L’effet trophique de Sb sur la muqueuse intestinale est bien décrit. Il passe notamment par la stimulation de la production d’acides gras à courtes chaînes, déprimée par les antibiotiques. On comprend donc l’intérêt de Sb dans le traitement de la diarrhée associée aux antibiotiques. Dans ces circonstances, on note une activation de l’expression des enzymes de la bordure en brosse, une activité accrue des disaccharidases, une augmentation de l’absorption du glucose couplée au Na. L’hydrolyse endoluminale est accrue et la production de polyamines intestinales est stimulée: ces dernières sont importantes dans le rôle trophique de la levure. Enfin Sb active l’expression des PPAR-γ, qui protègent l’intestin contre l’inflammation.

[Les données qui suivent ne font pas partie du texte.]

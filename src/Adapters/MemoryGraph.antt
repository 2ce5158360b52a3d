-- ===== src/Adapters/MemoryGraph.antt =====
-- src/adapters/memory_graph.rs: the answers of the adapter, placeholders in the source. `fresh` is
-- the text of a new UUID; `now` is the clock, read once for an answer.
pub mod Types
use analytics_hub.Prelude.{ℕ, String, Option, Bool, Outcome, []}
use analytics_hub.Prelude.Int.{ℤ}
use analytics_hub.Prelude.Float.{FloatOps}
use analytics_hub.Adapters.Gate.{when_connected, or_else}
use analytics_hub.Adapters.MemoryGraph.Types.{
  MemoryGraphConfig, ContextLineage, InteractionGraph, MemorySnapshot, LineageQuery, GraphAnalytics,
}

-- `from_env`; `env` looks up a variable and `parse_u64` reads a number.
unfoldable pub from_env : (String → Option String) → (String → Option ℕ) → MemoryGraphConfig
from_env env parse_u64 = record {
  endpoint = or_else (env "MEMORY_GRAPH_ENDPOINT") "http://localhost:8083";
  api_key = env "MEMORY_GRAPH_API_KEY";
  timeout_secs = or_else (parse_u64 (or_else (env "MEMORY_GRAPH_TIMEOUT_SECS") "30")) 30;
}

module _ (f : FloatOps) where
  unfoldable pub fetch_context_lineage :
      {Json : Type 0} → Bool → String → ℤ → LineageQuery → Outcome (ContextLineage f.F Json) String
  fetch_context_lineage connected fresh now query =
      when_connected connected "Memory-Graph adapter not connected" (record {
        lineage_id = fresh;
        root_context_id = (or_else query.context_id "root");
        created_at = now;
        depth = 0;
        nodes = [];
        edges = [];
        metadata = (record {
          total_tokens = 0;
          total_interactions = 0;
          active_branches = 0;
          compression_ratio = (f.of_nat 1);
        });
      })

  unfoldable pub fetch_interaction_graph :
      Bool → String → ℤ → String → Outcome (InteractionGraph f.F) String
  fetch_interaction_graph connected fresh now session_id =
      when_connected connected "Memory-Graph adapter not connected" (record {
        graph_id = fresh;
        session_id = session_id;
        created_at = now;
        last_updated = now;
        statistics = (record {
          node_count = 0;
          edge_count = 0;
          avg_degree = (f.of_nat 0);
          clustering_coefficient = (f.of_nat 0);
          diameter = 0;
          density = (f.of_nat 0);
        });
        topics = [];
        entities = [];
      })

  unfoldable pub fetch_memory_snapshot :
      Bool → String → ℤ → String → Outcome (MemorySnapshot f.F) String
  fetch_memory_snapshot connected fresh now session_id =
      when_connected connected "Memory-Graph adapter not connected" (record {
        snapshot_id = fresh;
        session_id = session_id;
        created_at = now;
        context_window_tokens = 0;
        summarized_tokens = 0;
        active_memories = [];
        retrieval_stats = (record {
          total_retrievals = 0;
          avg_latency_ms = (f.of_nat 0);
          cache_hit_rate = (f.of_nat 0);
          relevance_avg = (f.of_nat 0);
        });
      })

  unfoldable pub fetch_graph_analytics : Bool → ℤ → ℤ → Outcome (GraphAnalytics f.F) String
  fetch_graph_analytics connected start end =
      when_connected connected "Memory-Graph adapter not connected" (record {
        period_start = start;
        period_end = end;
        total_sessions = 0;
        total_nodes_created = 0;
        total_edges_created = 0;
        avg_session_depth = (f.of_nat 0);
        avg_session_tokens = (f.of_nat 0);
        top_topics = [];
        memory_efficiency = (record {
          avg_compression_ratio = (f.of_nat 0);
          cache_hit_rate = (f.of_nat 0);
          retrieval_latency_p50_ms = (f.of_nat 0);
          retrieval_latency_p99_ms = (f.of_nat 0);
        });
      })
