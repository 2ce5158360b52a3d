-- ===== src/Adapters/Registry/Types.antt =====
-- The types of src/adapters/registry.rs. `F` is the type of f64 and `Json` that of JSON
-- values; times are nanoseconds since the epoch.
use analytics_hub.Prelude.{ℕ, String, Option, List}
use analytics_hub.Prelude.Int.{ℤ}
use analytics_hub.Prelude.Dict.{Dict}

pub record RegistryConfig : Type 0 where
  pub endpoint : String
  pub api_key : Option String
  pub timeout_secs : ℕ

pub data ModelType : Type 0 where
  text_generation text_embedding image_generation image_analysis audio_transcription
        audio_generation multi_modal code_generation fine_tuned :
      ModelType

pub data ModelCapability : Type 0 where
  chat completion embedding function_calling vision audio streaming batch_processing fine_tuning :
      ModelCapability

pub record ModelPricing (F : Type 0) : Type 0 where
  pub currency : String
  pub input_cost_per_1k_tokens : F
  pub output_cost_per_1k_tokens : F
  pub image_cost_per_unit : Option F
  pub audio_cost_per_minute : Option F

pub record ModelPerformance (F : Type 0) : Type 0 where
  pub avg_latency_ms : F
  pub p95_latency_ms : F
  pub p99_latency_ms : F
  pub tokens_per_second : F
  pub availability : F

pub data ModelStatus : Type 0 where
  active deprecated preview maintenance retired : ModelStatus

pub record ModelMetadata (F : Type 0) : Type 0 where
  pub model_id : String
  pub name : String
  pub version : String
  pub provider : String
  pub model_type : ModelType
  pub capabilities : List ModelCapability
  pub context_window : ℕ
  pub pricing : ModelPricing F
  pub performance : ModelPerformance F
  pub status : ModelStatus
  pub registered_at : ℤ
  pub last_updated : ℤ
  pub tags : Dict String

pub data StageType : Type 0 where
  model_inference preprocessing postprocessing embedding retrieval routing aggregation transform
        cache rate_limit :
      StageType

pub record RetryPolicy (F : Type 0) : Type 0 where
  pub max_attempts : ℕ
  pub initial_delay_ms : ℕ
  pub max_delay_ms : ℕ
  pub backoff_multiplier : F

pub record PipelineStage (F : Type 0) (Json : Type 0) : Type 0 where
  pub stage_id : String
  pub stage_name : String
  pub stage_type : StageType
  pub model_id : Option String
  pub config : Dict Json
  pub timeout_ms : ℕ
  pub retry_policy : RetryPolicy F

pub data PipelineStatus : Type 0 where
  active paused draft archived : PipelineStatus

pub record PipelineMetrics (F : Type 0) : Type 0 where
  pub total_invocations : ℕ
  pub success_rate : F
  pub avg_latency_ms : F
  pub avg_cost_per_invocation : F

pub record PipelineDescriptor (F : Type 0) (Json : Type 0) : Type 0 where
  pub pipeline_id : String
  pub name : String
  pub version : String
  pub description : String
  pub stages : List (PipelineStage F Json)
  pub input_schema : Json
  pub output_schema : Json
  pub created_at : ℤ
  pub last_updated : ℤ
  pub owner : String
  pub status : PipelineStatus
  pub metrics : PipelineMetrics F

pub data ProviderStatus : Type 0 where
  operational degraded outage : ProviderStatus

pub record RateLimits : Type 0 where
  pub requests_per_minute : ℕ
  pub tokens_per_minute : ℕ
  pub tokens_per_day : Option ℕ

pub record ProviderHealth (F : Type 0) : Type 0 where
  pub availability : F
  pub avg_latency_ms : F
  pub error_rate : F
  pub last_checked : ℤ

pub record ProviderInfo (F : Type 0) : Type 0 where
  pub provider_id : String
  pub name : String
  pub status : ProviderStatus
  pub api_version : String
  pub models : List String
  pub rate_limits : RateLimits
  pub health : ProviderHealth F

pub record ModelQuery : Type 0 where
  pub providers : Option (List String)
  pub model_types : Option (List ModelType)
  pub capabilities : Option (List ModelCapability)
  pub status : Option ModelStatus
  pub min_context_window : Option ℕ
  pub tags : Option (Dict String)

pub record PipelineQuery : Type 0 where
  pub owner : Option String
  pub status : Option PipelineStatus
  pub model_ids : Option (List String)
  pub created_after : Option ℤ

Il reste à envisager le rôle immunorégulateur de la levure Saccharomyces boulardii. Certaines toxines bactériennes déclenchent des cascades de signalisation intracellulaires qui aboutissent à la libération de cytokines pro-inflammatoires. Sb inhibe les voies de signalisation des MAP-kinases et du NF-κB, qui jouent un tel rôle. Elle libère également un facteur de petite taille, thermostable et hydrosoluble, appelé «Sb anti-inflammatory factor », aux effets anti-inflammatoires comme le dit son nom. L’apoptose des entérocytes est diminuée par la levure et on a récemment suggéré que l’activation des cellules T naïves induite par les cellules dendritiques pouvait être inhibée. En tout cas, la migration des lymphocytes s’est avérée modifiée par Sb dans un modèle d’intestin en inflammation, ainsi que l’adhésion de ces cellules aux cellules endothéliales. La production d’IgA et celle d’IgG antitoxines A et anti-B de Clostridium difficile est démontrée. Enfin, l’inhibition de la NO synthase inductible (iNOS), qui joue elle aussi un rôle dans l’inflammation, a également été démontrée. Toutes ces actions sont compatibles avec les effets démontrés de Saccharomyces boulardii dans diverses affections intestinales, en particulier les diarrhées bactériennes et virales, ainsi que dans la diarrhée associée aux antibiotiques et la colite pseudomembraneuse due à Clostridium difficile.